Dans un contexte de relations diplomatiques tendues avec les Émirats arabes unis, l’Algérie a annoncé ce samedi 7 février la décision de dénoncer la convention bilatérale relative aux services aériens conclue avec ce pays du Golfe. Voici ce qui va changer après l’annulation définitive de l’accord.
L’Algérie a en effet engagé les procédures nécessaires pour la dénonciation de la convention relative aux services aériens avec les Émirats arabes unis, signée à Abou Dabi le 13 mai 2013 et ratifiée par le décret présidentiel du 30 décembre 2014.
NOS VIDEOS
Que signifie la dénonciation de la convention des services aériens ?
En vertu de l’article 22 de la convention en question, la dénonciation doit être notifiée par les voies diplomatiques à la partie contractante émiratie, avec notification simultanée au secrétaire général de l’Organisation de l’aviation civile internationale (OACI) pour l’accomplissement des formalités requises auprès de cette organisation.
Concrètement, sans accord en vigueur entre les deux pays, les droits accordés aux compagnies aériennes, dont Air Algérie et Emirates, pour opérer des vols entre les deux pays ne s’appliqueront plus sous ce cadre juridique. Un nouveau cadre doit être défini pour permettre la poursuite des dessertes.
Mais la fin éventuelle des vols n’est pas pour aujourd’hui. En effet, en cas de dénonciation de l’accord par l’une des parties, « la convention prend fin douze mois après la date de réception de la notification par l’autre partie contractante, à moins que cet avis de dénonciation ne soit retiré par consentement mutuel avant l’expiration de ce délai », dispose encore l’article 22 de l’accord. Cela signifie que les vols cesseront dans un an si aucun nouvel accord bilatéral n’est signé d’ici là.

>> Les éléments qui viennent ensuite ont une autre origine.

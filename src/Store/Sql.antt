-- ===== src/Store/Sql.antt =====
-- stores/mysqlstore: histories in one table of a database. database/sql and the server are a
-- parameter; a statement is given by what its text says.
pub mod Laws
use protosource.Prelude.{ℕ, String, List, [], ◌∷◌, Option, none, some}
use protosource.Error.{Error, Result, ok, err, ◌>>=◌, wrap_err, other, wrap}
use protosource.Compress.{Bytes}
use protosource.Repository.Types.{History, Record, Context}

-- An insertion: the columns that it names, and the number of its placeholders.
pub record Insertion : Type 0 where
  pub table : String
  pub columns : List String
  pub placeholders : ℕ

pub record Row : Type 0 where
  pub aggregate_id : String
  pub version : ℕ
  pub payload : Bytes

-- The rows of a query: what each `Scan` gives, and what `Err` says after the last one.
pub record Rows : Type 0 where
  pub scans : List (Result Row)
  pub failure : Option Error

-- A database with tables T. `exec` works on the tables of a transaction, which `commit` is given
-- after the tables without it; a transaction that is rolled back leaves the latter.
pub record Database (T : Type 0) : Type 0 where
  pub begin_tx : Context → T → Result (Unit {0})
  pub prepare : Context → Insertion → T → Result (Unit {0})
  pub exec : Context → Row → T → Result (Unit {0}) × T
  pub commit : T → T → Result (Unit {0}) × T
  pub query : Context → String → T → Result Rows

-- INSERT INTO records (aggregate_id, version, payload, timestamp) VALUES (?, ?, ?)
abbrev pub insertion : Insertion
insertion = record {
  table = "records";
  columns = "aggregate_id" ∷ "version" ∷ "payload" ∷ "timestamp" ∷ [];
  placeholders = 3;
}

module _ {T : Type 0} (db : Database T) where
  -- The loop of `Save`, in its transaction.
  unfoldable pub insert_all : Context → String → List Record → T → Result (Unit {0}) × T
  insert_all ctx id [] t = (ok tt, t)
  insert_all ctx id (r ∷ rs) t =
      let (inserted, t') =
        db.exec ctx (record { aggregate_id = id; version = r.version; payload = r.payload }) t in
      elim inserted [
        | err e ↦ (err (wrap "mysqlstore.Save: failed to insert record" e), t')
        | ok _ ↦ insert_all ctx id rs t'
      ]

  abbrev pub finish_save : T → Result (Unit {0}) × T → Result (Unit {0}) × T
  finish_save t (err e, t') = (err e, t)
  finish_save t (ok _, t') =
      let (done, t'') = db.commit t t' in
      (wrap_err "mysqlstore.Save: failed to commit transaction" done, t'')

  -- `Save`
  unfoldable pub save : Context → String → List Record → T → Result (Unit {0}) × T
  unfolding insert_all
  save ctx id [] t = (err (other "mysqlstore.Save: no records to save"), t)
  save ctx id (r ∷ rs) t = elim (db.begin_tx ctx t) [
    | err e ↦ (err (wrap "mysqlstore.Save: failed to begin transaction" e), t)
    | ok _ ↦ elim (db.prepare ctx insertion t) [
      | err e ↦ (err (wrap "mysqlstore.Save: failed to prepare statement" e), t)
      | ok _ ↦ finish_save t (insert_all ctx id (r ∷ rs) t)
    ]
  ]

  abbrev pub record_of_row : Row → Record
  record_of_row row = record { version = row.version; payload = row.payload; ttl = 0 }

  -- The loop of `Load`.
  unfoldable pub scan_rows : List (Result Row) → Result History
  scan_rows [] = ok []
  scan_rows (scan ∷ scans) = do
    row ← wrap_err "mysqlstore.Load: failed to scan record" scan
    rest ← scan_rows scans
    ok (record_of_row row ∷ rest)

  abbrev pub check_rows : Option Error → History → Result History
  check_rows none h = ok h
  check_rows (some e) h = err (wrap "mysqlstore.Load: row iteration error" e)

  -- `Load`
  unfoldable pub load : Context → String → T → Result History
  unfolding scan_rows
  load ctx id t = do
    rows ← wrap_err "mysqlstore.Load: failed to query records" (db.query ctx id t)
    h ← scan_rows rows.scans
    check_rows rows.failure h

Les perdants et les gagnants de la dénonciation de la convention des services aériens ?
En Algérie, les termes de cet accord bénéficient directement aux deux principales compagnies aériennes émiraties, à savoir Emirates et Etihad Airways et de manière indirecte à l’aéroport de Dubaï, en tant que hub aérien reliant l’Afrique à l’Asie et au reste du monde.
Grâce à cet accord, de nombreux voyageurs algériens et africains, au départ d’Alger, transitent via l’aéroport de Dubaï pour rejoindre leurs destinations, en particulier en Asie. Ces voyageurs empruntent des vols d’Air Algérie et ceux d’Émirats.
Rappelons que la compagnie Etihad Airways a tenté à maintes reprises, depuis fin 2024, d’ouvrir des lignes directes entre Abou Dabi et Alger. Mais les autorités algériennes ont refusé de lui accorder les autorisations nécessaires, ce qui l’a poussée à jeter l’éponge définitivement en décembre dernier.
La décision de l’Algérie de dénoncer la convention relative aux services aériens avec les Émirats arabes unis devrait limiter les capacités d’exploitation d’Emirates en Algérie, qui opère actuellement un vol hebdomadaire entre Alger la plateforme de correspondance de Dubaï.
L’aéroport de Doha va-t-il remplacer Dubaï comme plateforme de correspondance ?
De même, elle intervient dans un contexte de développement du réseau international d’Air Algérie, notamment en Asie, mais aussi à quelques mois seulement de la conclusion d’un accord de partage de code entre le pavillon national et la compagnie Qatar Airways.
Si pour le moment les raisons ayant motivé la décision de l’Algérie de dénoncer l’accord ne sont pas annoncées officiellement, et au-delà des considérations diplomatiques, les bénéficiaires sont déjà connus, à savoir Air Algérie, Qatar Airways, l’aéroport d’Alger et celui de Doha.
Pour la compagnie aérienne nationale, en supprimant l’alternative de l’escale via Dubaï, elle sera directement favorisée sur les liaisons long-courriers vers l’Asie, notamment après le renforcement de ses dessertes directes vers la Chine (Pékin et Guangzhou) et vers la Malaisie (Kuala Lumpur).
Après la signature de l’accord de partage de code entre Air Algérie et Qatar Airways, l’aéroport de Doha se place également comme plateforme de correspondance pour de nombreux voyageurs au départ d’Algérie vers plusieurs villes de l’Asie, comme Kuala Lumpur, Hong-Kong, Mascate… Un privilège qui sera à terme perdu par l’aéroport de Dubaï.